In a recent article, I wondered what would happen if we met aliens and they were not predators or imperialists, but actually more righteous beings than we are. What if the terrifying thing about extraterrestrial life was not that they wanted to destroy us, but that they were kinder, wiser, more truthful, and more loving than we imagined?
Steven Spielberg’s newest alien movie “Disclosure Day” begins with that premise and then builds a surprisingly religious sci-fi thriller around it. Josh O’Connor plays Daniel, a contractor who has fled a private defense operation with video proof of alien life and an alien artifact taken from the operation.

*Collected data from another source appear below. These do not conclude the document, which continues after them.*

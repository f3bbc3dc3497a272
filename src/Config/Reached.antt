-- ===== src/Config/Reached.antt =====
-- Every sequence of operations on the configuration keeps it well-formed.
use nrp_reference.Base.{
  ℕ, zero, suc, ◌+◌, ◌*◌, ◌≡◌, refl, subst, inl, inr, Bool, [], ◌∷◌, ◌++◌, Option, none, some, ok,
  >>=-eq-ok, arith, length, length-take, drop, All-append, leb, ◌==◌, Bool-cases, Option-cases,
}
use nrp_reference.MruCache
use nrp_reference.Protocol.MsgType
use nrp_reference.Protocol.Generate.{is_not_peers}
use nrp_reference.Protocol.Layout.{Bytes, read_header}
use nrp_reference.ServerRecord.{ServerRecord, server_eq, host_size, of_address, of_peer}
use nrp_reference.Config.State.{Config, init}
use nrp_reference.Config.Lists.{find_index}
use nrp_reference.Config.Update.{add_server, add_peers, add_servers_from_message}
use nrp_reference.Config.Steps.{
  Step, Steps, counted, chosen, failed, succeeded, added, rejected, cleaned, done, then_step,
}
use nrp_reference.Config.Valid.{HasAddress, IsValid}
use nrp_reference.Config.Indices.{IsIn-append}
use nrp_reference.Config.Preserved.{
  active_server_count-IsValid, get_next_server-IsValid, store-IsValid,
  increment_server_fail_count-IsValid, mark_server_successful-IsValid, banned-IsValid,
}

of_address-HasAddress :
    (ip : Bytes) (v6 : Bool) (port : ℕ) (s : ServerRecord)
    → of_address ip v6 port ≡ ok s
    → HasAddress s
unfolding of_address
of_address-HasAddress ip v6 port s h = elim (Bool-cases (leb (host_size v6) (length ip))) [
  | inl enough ↦ ground (arith, length-take (host_size v6) ip)
  | inr short ↦ ground arith
]

of_peer-HasAddress :
    (v6 : Bool) (peer rest : Bytes) (s : ServerRecord)
    → drop (host_size v6) peer ≡ rest
    → of_peer v6 peer ≡ ok s
    → HasAddress s
unfolding of_peer
of_peer-HasAddress v6 peer [] s e h = ground arith
of_peer-HasAddress v6 peer (hi ∷ []) s e h = ground arith
of_peer-HasAddress v6 peer (hi ∷ lo ∷ rest) s e h =
    of_address-HasAddress peer v6 (hi * 256 + lo) s (ground arith)

appended-IsValid :
    (c : Config) (s : ServerRecord)
    → HasAddress s
    → IsValid c
    → IsValid (record c { probationary_servers = c.probationary_servers ++ (s ∷ []) })
appended-IsValid c s address v = record {
  sorted = v.sorted;
  active_in = v.active_in;
  probationary_in =
      IsIn-append c.probationary_iterator c.probationary_servers (s ∷ []) v.probationary_in;
  active = v.active;
  probationary = All-append HasAddress c.probationary_servers (s ∷ []) v.probationary (address, tt);
  configured = v.configured;
}

add_server-IsValid :
    (c : Config) (peer : ServerRecord) (t u : ℕ)
    → HasAddress peer
    → IsValid c
    → IsValid (add_server c peer t u)
unfolding add_server
add_server-IsValid c peer t u address v =
    let rec : ServerRecord = record peer { retry_time = c.client_request_interval_seconds } in
    elim (Bool-cases (MruCache.is_present server_eq c.banned_servers rec t u).0) [
      | inl banned ↦ subst IsValid (ground arith) v
      | inr welcome ↦ elim (Option-cases (find_index rec c.active_servers)) [
        | inl new ↦ subst IsValid (ground arith) (appended-IsValid c rec address v)
        | inr (i, known) ↦ subst IsValid (ground arith) v
      ]
    ]

add_peers-IsValid :
    (n : ℕ) (v6 : Bool) (content : Bytes) (now : ℕ → ℕ) (c d : Config)
    → add_peers n v6 content now c ≡ ok d
    → IsValid c
    → IsValid d
unfolding add_peers
add_peers-IsValid zero v6 content now c d h v = subst IsValid (ground arith) v
add_peers-IsValid (suc n) v6 content now c d h v =
    let (peer, made, rest) = >>=-eq-ok (of_peer v6 content) _ h in
    add_peers-IsValid n v6 _ now (add_server c peer (now n) (now n)) d rest (
      add_server-IsValid c peer (now n) (now n)
        (of_peer-HasAddress v6 content (drop (host_size v6) content) peer refl made) v)

add_servers_from_message-IsValid :
    (c d : Config) (msg : Option Bytes) (now : ℕ → ℕ) (result : Bool)
    → add_servers_from_message c msg now ≡ ok (d, result)
    → IsValid c
    → IsValid d
unfolding add_servers_from_message
add_servers_from_message-IsValid c d none now result h v = subst IsValid (ground arith) v
add_servers_from_message-IsValid c d (some msg) now result h v =
    let (hdr, headed, rest) = >>=-eq-ok (read_header msg) _ h in
    elim (Bool-cases (is_not_peers hdr.msg_type)) [
      | inl other ↦ subst IsValid (ground arith) v
      | inr peers ↦
          let (e, made, end) =
            >>=-eq-ok (add_peers hdr.count (hdr.msg_type == MsgType.ip6peers) hdr.content now c) _
              (simp peers at rest) in
          subst IsValid (ground arith) (
            add_peers-IsValid hdr.count (hdr.msg_type == MsgType.ip6peers) hdr.content now c e made
              v)
    ]

Step-IsValid : {c d : Config} → Step c d → IsValid c → IsValid d
Step-IsValid (counted c t) v = active_server_count-IsValid c t v
Step-IsValid (chosen c d ref h) v = get_next_server-IsValid c d ref h v
Step-IsValid (failed c d ref now ban_time h) v =
    increment_server_fail_count-IsValid c d ref now ban_time h v
Step-IsValid (succeeded c d ref now h) v = mark_server_successful-IsValid c d ref now h v
Step-IsValid (added c d msg now result h) v =
    add_servers_from_message-IsValid c d msg now result h v
Step-IsValid (rejected c ref s t found same) v = store-IsValid c ref s t found same.host same.ipv6 v
Step-IsValid (cleaned c now end) v = banned-IsValid c (MruCache.clean c.banned_servers now end).0 v

-- The configuration that the constructor makes is well-formed.
pub init-IsValid : (four six : Bool) (now : ℕ) → IsValid (init four six now)
unfolding init
init-IsValid four six now = record {
  sorted = tt;
  active_in = tt;
  probationary_in = tt;
  active = tt;
  probationary = tt;
  configured = tt;
}

-- Whatever operations the two threads make on a well-formed configuration, in any order and as long as each
-- returns, the set of active servers stays in strictly ascending order, both iterators stay on an element or at
-- the end, and every address keeps the size of its family.
pub Steps-IsValid : {c d : Config} → Steps c d → IsValid c → IsValid d
Steps-IsValid (done c) v = v
Steps-IsValid (then_step before step) v = Step-IsValid step (Steps-IsValid before v)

Emily Blunt plays Margaret, a weather reporter who can somehow channel the aliens and understand both where she needs to go and the inner needs of every person she meets. Colin Firth’s Noah represents the argument for secrecy: humanity is not ready, and if given access to alien knowledge, it will abuse it. He is also wounded by the loss of his own wife. Colman Domingo’s Hugo represents the counterclaim: truth doesn’t belong to a frightened organization, but to all people, who all deserve to know.
Spielberg wants to play with religious fire in this film.
Spielberg wants to play with religious fire in this film. He makes Daniel’s girlfriend a former nun and has her visit her former convent on several occasions. Hugo, in a speechy monologue, says the problem with the world is that we’ve lost our empathy. By contrast, we see that the nuns are always there to be supportive. And the aliens’ mind-manipulation technology is resisted through religious willpower. But rather than leaning into that as a solution, Spielberg seems to set up the aliens as a new kind of god.
Spielberg recognizes that most world religions would adapt more easily to the existence of extraterrestrial life than the secular imagination might assume. But he also suggests that having a superior being in front of us might challenge some religious assumptions. There are even scenes when Margaret, channeling the aliens’ powers, is worshipped. While Margaret rejects the veneration, the implication is not only that the aliens might be worshipped, but also that because they are so superior in their empathy, they might be worthy of it.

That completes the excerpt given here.